5. The method for evaluating the quality of diving sports based on referee score learning according to claim 4, wherein the method for predicting the quality of diving sports based on referee score learning by using a score prediction method from coarse to fine through a score prediction network comprises the following steps:

Predicting a plurality of relative referee score intervals through a classification network according to the referee score characteristics; predicting the deviation of scores in the interval through a regression network, and obtaining a plurality of relative judge scores through calculation;

obtaining a plurality of real referee scores of the comparison video frame sequence;

adding the multiple relative referee scores to the multiple real referee scores respectively to obtain multiple predicted referee scores;

Obtaining the action quality score according to the plurality of predicted referee scores; and calculating the final score of the action quality according to the actual scoring rule to obtain the predicted referee score.

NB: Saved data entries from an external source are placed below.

-- `reads` is what reading a file gives in a world, which what ran before may have changed.
module _ (F : FileSystem) (parse : String → Option Node) (R : ActorRuntime) (regex : String → Regex)
    (reads : R.World → F.PathBuf → Result String String) where
  after_read : F.PathBuf → Result String String → R.World → Option (TestReport × R.World)
  after_read p (err e) w = none
  after_read p (ok src) w =
      Option.map (λ l. run_test_file R regex (F.display p) (F.parent p) l w) (lower parse src)

  -- `run_test_file` on one file that is read then, and on the files one after another: whether all
  -- passed, and the world.
  unfoldable pub run_one : F.PathBuf → R.World → Option (TestReport × R.World)
  unfolding after_read
  run_one p w = after_read p (reads w p) w

  unfoldable pub run_each : List F.PathBuf → R.World → Option (Bool × R.World)
  run_each [] w = some (true, w)
  run_each (p ∷ ps) w = elim (run_one p w) [
    | none ↦ none
    | some r ↦ Option.map (λ t. (r.0.passed && t.0, t.1)) (run_each ps r.1)
  ]

  -- A file as it is checked, of the source `src` that lowers to `l`.
  record Read (p : F.PathBuf) (rest : Option (CheckedSuite F.PathBuf)) (s : CheckedSuite F.PathBuf)
      : Type 0 where
    src : String
    l : Result (List Diagnostic) SourceFile
    others : CheckedSuite F.PathBuf
    was_read : F.read_to_string p ≡ ok src
    lowered : lower parse src ≡ some l
    reported : Reported l
    more : rest ≡ some others
    same : s ≡ add_file F parse (checked_as F parse p src l) others

  unread : Option (CheckedSuite F.PathBuf) → Bool
  unread none = false
  unread (some s) = any_read F parse s.read_errors

  source-Read :
      (p : F.PathBuf) (src : String) (l : Result (List Diagnostic) SourceFile)
      (rest : Option (CheckedSuite F.PathBuf)) (s : CheckedSuite F.PathBuf)
      → F.read_to_string p ≡ ok src
      → lower parse src ≡ some l
      → Reported l
      → check_source F parse p src (some l) rest ≡ some s
      → Read p rest s
  unfolding check_source
  source-Read p src l none s read lowered reported h = absurd (cc h)
  source-Read p src l (some others) s read lowered reported h = record {
    src = src;
    l = l;
    others = others;
    was_read = read;
    lowered = lowered;
    reported = reported;
    more = refl;
    same = cc h;
  }

  check_file-Read :
      (p : F.PathBuf) (r : Result String String) (rest : Option (CheckedSuite F.PathBuf))
      (s : CheckedSuite F.PathBuf)
      → F.read_to_string p ≡ r
      → IsParser parse
      → check_file F parse p r rest ≡ some s
      → any_read F parse s.read_errors ≡ false
      → Read p rest s
  unfolding check_file IsParser unread
  check_file-Read p (err e) none s read quoted h clear = absurd (cc h)
  check_file-Read p (err e) (some others) s read quoted h clear =
      let found = ap unread h in absurd (cc (found, clear))
  check_file-Read p (ok src) rest s read quoted h clear =
      let (root, parsed, q) = quoted src in
      let (l, lowered, reported) = lower_returns parse src root parsed q in
      source-Read p src l rest s read lowered reported
        (ap (λ o. check_source F parse p src o rest) (sym lowered) ∙ h)

  -- A file without errors has a syntax tree, and it runs as `run_test_file` runs it.
  lowered-runs :
      (p : F.PathBuf) (src : String) (l : Result (List Diagnostic) SourceFile) (w : R.World)
      → Reported l
      → has_error (checked_as F parse p src l).diags ≡ false
      → (ast : SourceFile) × ((checked_as F parse p src l).ast ≡ some ast)
        × (run_test_file R regex (F.display p) (F.parent p) l w
            ≡ run_file F parse R regex (checked_as F parse p src l) ast w)
  unfolding checked_as run_test_file run_file Reported
  lowered-runs p src (err ds) w reported h =
      let bad = errors-has_error ds reported.0 reported.1 in absurd (cc (bad, h))
  lowered-runs p src (ok ast) w reported h =
      (ast, refl, rw (errors_of-nil (validate ast) h) (unfold run_unless in refl))

  files_in : Option (CheckedSuite F.PathBuf) → List (CheckedFile F.PathBuf)
  files_in none = []
  files_in (some s) = s.files

  -- An open gate closes for no part of the files.
  part-open :
      (f : CheckedFile F.PathBuf) (s others : CheckedSuite F.PathBuf)
      → s ≡ add_file F parse f others
      → refuses F parse s ≡ false
      → (s.files ≡ f ∷ others.files)
        × (has_error f.diags ≡ false)
        × (refuses F parse others ≡ false)
  unfolding refuses any_error add_file
  part-open f s others same clear =
      let shut : ((has_error f.diags || any_error F parse others.files)
            || any_read F parse others.read_errors)
          ≡ false =
        ap (refuses F parse) (sym same) ∙ clear in
      (ap (λ t. t.files) same, ground (arith, shut), ground (arith, shut))

  -- What the operations of the actors keep, and in which the files are as they were checked.
  module _ (P : R.World → Type 0) (kept : Keeps R P)
      (agrees : (w : R.World) → P w → (p : F.PathBuf) → reads w p ≡ F.read_to_string p) where
    unfoldable pub Runs : List F.PathBuf → List (CheckedFile F.PathBuf) → ℕ → ℕ → R.World → Type 0
    Runs ps fs passed failed w =
        (r : Bool × R.World) × (lines : List (Line F.PathBuf)) × (run_each ps w ≡ some r)
        × (run_files F parse R regex fs passed failed w
            ≡ some (lines, if not r.0 then 1 else if ltb 0 failed then 1 else 0, r.1))
        × P r.1

    -- After a file that passed or failed.
    after-Runs :
        (b : Bool) (line : Line F.PathBuf) (ps : List F.PathBuf) (fs : List (CheckedFile F.PathBuf))
        (passed failed : ℕ) (w : R.World)
        → ((passed' failed' : ℕ) → Runs ps fs passed' failed' w)
        → (r : Bool × R.World) × (lines : List (Line F.PathBuf)) × (Option.map
              (λ t. (b && t.0, t.1))
              (run_each ps w)
            ≡ some r)
          × (ran_first F parse R regex line (
                if b
                then run_files F parse R regex fs (suc passed) failed w
                else run_files F parse R regex fs passed (suc failed) w)
              ≡ some (lines, if not r.0 then 1 else if ltb 0 failed then 1 else 0, r.1))
          × P r.1
    unfolding Runs ran_first
    after-Runs true line ps fs passed failed w rest =
        let (r, lines, each, all, kept_so) = rest (suc passed) failed in
        (
          r,
          line ∷ lines,
          ap (Option.map (λ t. (true && t.0, t.1))) each,
          ap (ran_first F parse R regex line) all,
          kept_so,
        )
    after-Runs false line ps fs passed failed w rest =
        let (r, lines, each, all, kept_so) = rest passed (suc failed) in
        (
          (false, r.1),
          line ∷ lines,
          ap (Option.map (λ t. (false && t.0, t.1))) each,
          ap (ran_first F parse R regex line) all
              ∙ ap (λ c. some (line ∷ lines, c, r.1)) (one_failed failed (not r.0)),
          kept_so,
        )

    file-Kept :
        (f : CheckedFile F.PathBuf) (ast : SourceFile) (w : R.World)
        → P w
        → P (run_file F parse R regex f ast w).1
    unfolding run_file
    file-Kept f ast w h =
        run_validated_test_file-Kept R regex P kept (F.display f.path) (F.parent f.path) ast w h

    cons-Runs :
        (p : F.PathBuf) (ps : List F.PathBuf) (s : CheckedSuite F.PathBuf)
        (rest : Option (CheckedSuite F.PathBuf)) (read : Read p rest s) (passed failed : ℕ)
        (w : R.World)
        → has_error (checked_as F parse p read.src read.l).diags ≡ false
        → ((passed' failed' : ℕ) (w' : R.World)
            → P w'
            → Runs ps read.others.files passed' failed' w')
        → P w
        → Runs (p ∷ ps) (checked_as F parse p read.src read.l ∷ read.others.files) passed failed w
    unfolding Runs run_each run_one run_files ran_first checked_as
    cons-Runs p ps s rest read passed failed w clean more h =
        let (ast, is_some, same) = lowered-runs p read.src read.l w read.reported clean in
        let t = run_file F parse R regex (checked_as F parse p read.src read.l) ast w in
        let after = file-Kept (checked_as F parse p read.src read.l) ast w h in
        let (r, lines, each, all, kept_so) =
          after-Runs t.0.passed
            (report_line F parse R regex (checked_as F parse p read.src read.l) t.0) ps
            read.others.files passed failed t.1 (λ i j. more i j t.1 after) in
        let one : run_one p w ≡ some t =
          rw (agrees w h p ∙ read.was_read)
            (unfold after_read in rw (read.lowered) (ap some same)) in
        (r, lines, rw (run_each, one) each, rw (run_files, is_some) all, kept_so)

    nil-Runs : (passed failed : ℕ) (w : R.World) → P w → Runs [] [] passed failed w
    unfolding Runs run_each run_files
    nil-Runs passed failed w h = ((true, w), _, refl, refl, h)

    pub files-Runs :
        (ps : List F.PathBuf) (s : CheckedSuite F.PathBuf) (passed failed : ℕ) (w : R.World)
        → IsParser parse
        → check_files F parse ps ≡ some s
        → refuses F parse s ≡ false
        → P w
        → Runs ps s.files passed failed w
    unfolding check_files refuses files_in
    files-Runs [] s passed failed w quoted h clear holds =
        subst (λ fs. Runs [] fs passed failed w) (ap files_in h) (nil-Runs passed failed w holds)
    files-Runs (p ∷ ps) s passed failed w quoted h clear holds =
        let r =
          check_file-Read p (F.read_to_string p) (check_files F parse ps) s refl quoted h
            (ground (arith, clear)) in
        let (split, good, clear') =
          part-open (checked_as F parse p r.src r.l) s r.others r.same clear in
        subst (λ fs. Runs (p ∷ ps) fs passed failed w) (sym split)
          (cons-Runs p ps s _ r passed failed w good
            (λ i j w' still. files-Runs ps r.others i j w' quoted r.more clear' still) holds)

    found-each :
        (said : List String) (files : List F.PathBuf) (lines : List (Line F.PathBuf)) (w : R.World)
        → IsParser parse
        → P w
        → check_found F parse (said, files) ≡ some (lines, 0)
        → (r : Bool × R.World) × (lines' : List (Line F.PathBuf)) × (run_each files w ≡ some r)
          × (test_found F parse R regex (said, files) w ≡ some (lines', if r.0 then 0 else 1, r.1))
          × P r.1
    unfolding check_found test_found code_of said_first Runs
    found-each said [] lines w quoted holds h =
        let e = ap (code_of F parse) h in absurd (omega (arith, e))
    found-each said (p ∷ ps) lines w quoted holds h = checked (check_files F parse (p ∷ ps)) refl h
      where
        checked :
            (o : Option (CheckedSuite F.PathBuf))
            → check_files F parse (p ∷ ps) ≡ o
            → Option.map
                (λ s.
                  printed_first F parse
                    (as_lines F parse said)
                    (check_suite F parse (length (p ∷ ps)) s))
                o
              ≡ some (lines, 0)
            → (r : Bool × R.World) × (lines' : List (Line F.PathBuf)) × (run_each (p ∷ ps) w
                ≡ some r)
              × (said_first F parse R regex said (test_checked F parse R regex w o)
                  ≡ some (lines', if r.0 then 0 else 1, r.1))
              × P r.1
        checked none found e = absurd (cc e)
        checked (some s) found e =
            let clear = if-zero (refuses F parse s) (
              sym (check_suite-code F parse (as_lines F parse said) (length (p ∷ ps)) s)
              ∙ ap (code_of F parse) e) in
            let (r, lines', each, all, kept_so) =
              files-Runs (p ∷ ps) s 0 0 w quoted found clear holds in
            (
              r,
              _,
              each,
              ap (said_first F parse R regex said) (
                  test_suite-open F parse R regex s w clear
                  ∙ all
                  ∙ ap (λ c. some (lines', c, r.1)) (passed-code r.0)),
              kept_so,
            )

-- What reading gives in the world that is reached.
abbrev pub reads_from :
    (F : FileSystem) (Q : AsyncRuntime)
    → (Q.World → F.PathBuf → Result String String)
    → Option Q.World
    → F.PathBuf
    → Result String String
reads_from F Q reads none p = err ""
reads_from F Q reads (some w) p = reads w p

-- Every file reads as it did when the program started.
unfoldable pub SameFiles :
    (F : FileSystem) (Q : AsyncRuntime)
    → (Q.World → F.PathBuf → Result String String)
    → Q.World
    → Type 0
SameFiles F Q reads w = (p : F.PathBuf) → reads w p ≡ F.read_to_string p

same-reads :
    (F : FileSystem) (Q : AsyncRuntime) (reads : Q.World → F.PathBuf → Result String String)
    (w : Option Q.World)
    → Reaches Q (SameFiles F Q reads) w
    → (p : F.PathBuf) → reads_from F Q reads w p ≡ F.read_to_string p
unfolding Reaches SameFiles
same-reads F Q reads none h p = absurd h
same-reads F Q reads (some w) h p = h p

reached :
    (Q : AsyncRuntime) (S : Q.World → Type 0) (w : Option Q.World)
    → Reaches Q S w
    → (v : Q.World) × (w ≡ some v)
unfolding Reaches
reached Q S none h = absurd h
reached Q S (some v) h = (v, refl)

6. The method according to claim 4, wherein the score prediction network comprises a classifier for predicting a relative referee score interval and a regressive for determining a final predicted relative referee score; the classifier comprises 4 full-connection layers, wherein the node numbers of the four full-connection layers are 1536, 512, 128 and 11 respectively; the regressor comprises 4 full-connection layers, and the node numbers of the four full-connection layers are 1536, 512, 128 and 1 respectively;

the prediction process is defined as:

；

7. A diving movement quality assessment device based on referee score learning, comprising:

the initial video acquisition module is used for acquiring videos to be evaluated of diving motions;

The sampling module is used for sampling according to the original video frame sequence of the video to be evaluated to obtain the video frame sequence to be evaluated;

the contrast video acquisition module is used for selecting a contrast video frame sequence from the training set;

The spatial coding module is used for respectively coding the video frame sequence to be evaluated and the contrast video frame sequence through a spatial feature coder ViT so as to extract spatial features and obtain an image feature sequence to be evaluated and a contrast image feature sequence;

The time coding module is used for respectively coding the image feature sequence to be evaluated and the contrast image feature sequence through a time sequence feature coder TE so as to extract time sequence features and obtain a video level feature sequence to be evaluated and a contrast video level feature sequence;

The scoring module is used for inputting the video-level feature sequence to be evaluated and the comparison video-level feature sequence into a preselected and trained judge score learning evaluation network to obtain action quality scores of the video to be evaluated; the judgment score learning and evaluating network learns and generates judgment score features with differences by using a cross feature fusion network based on a cross attention mechanism and a comparison action feature decoder based on a transducer decoder, and then adopts a score prediction network to predict action quality scores according to the judgment score features.

8. A diving sport quality assessment device based on referee score learning, characterized by comprising a processor, a memory, and a computer program stored in the memory; the computer program is executable by the processor to implement a diving sport quality assessment method based on referee score learning as claimed in any one of claims 1 to 6.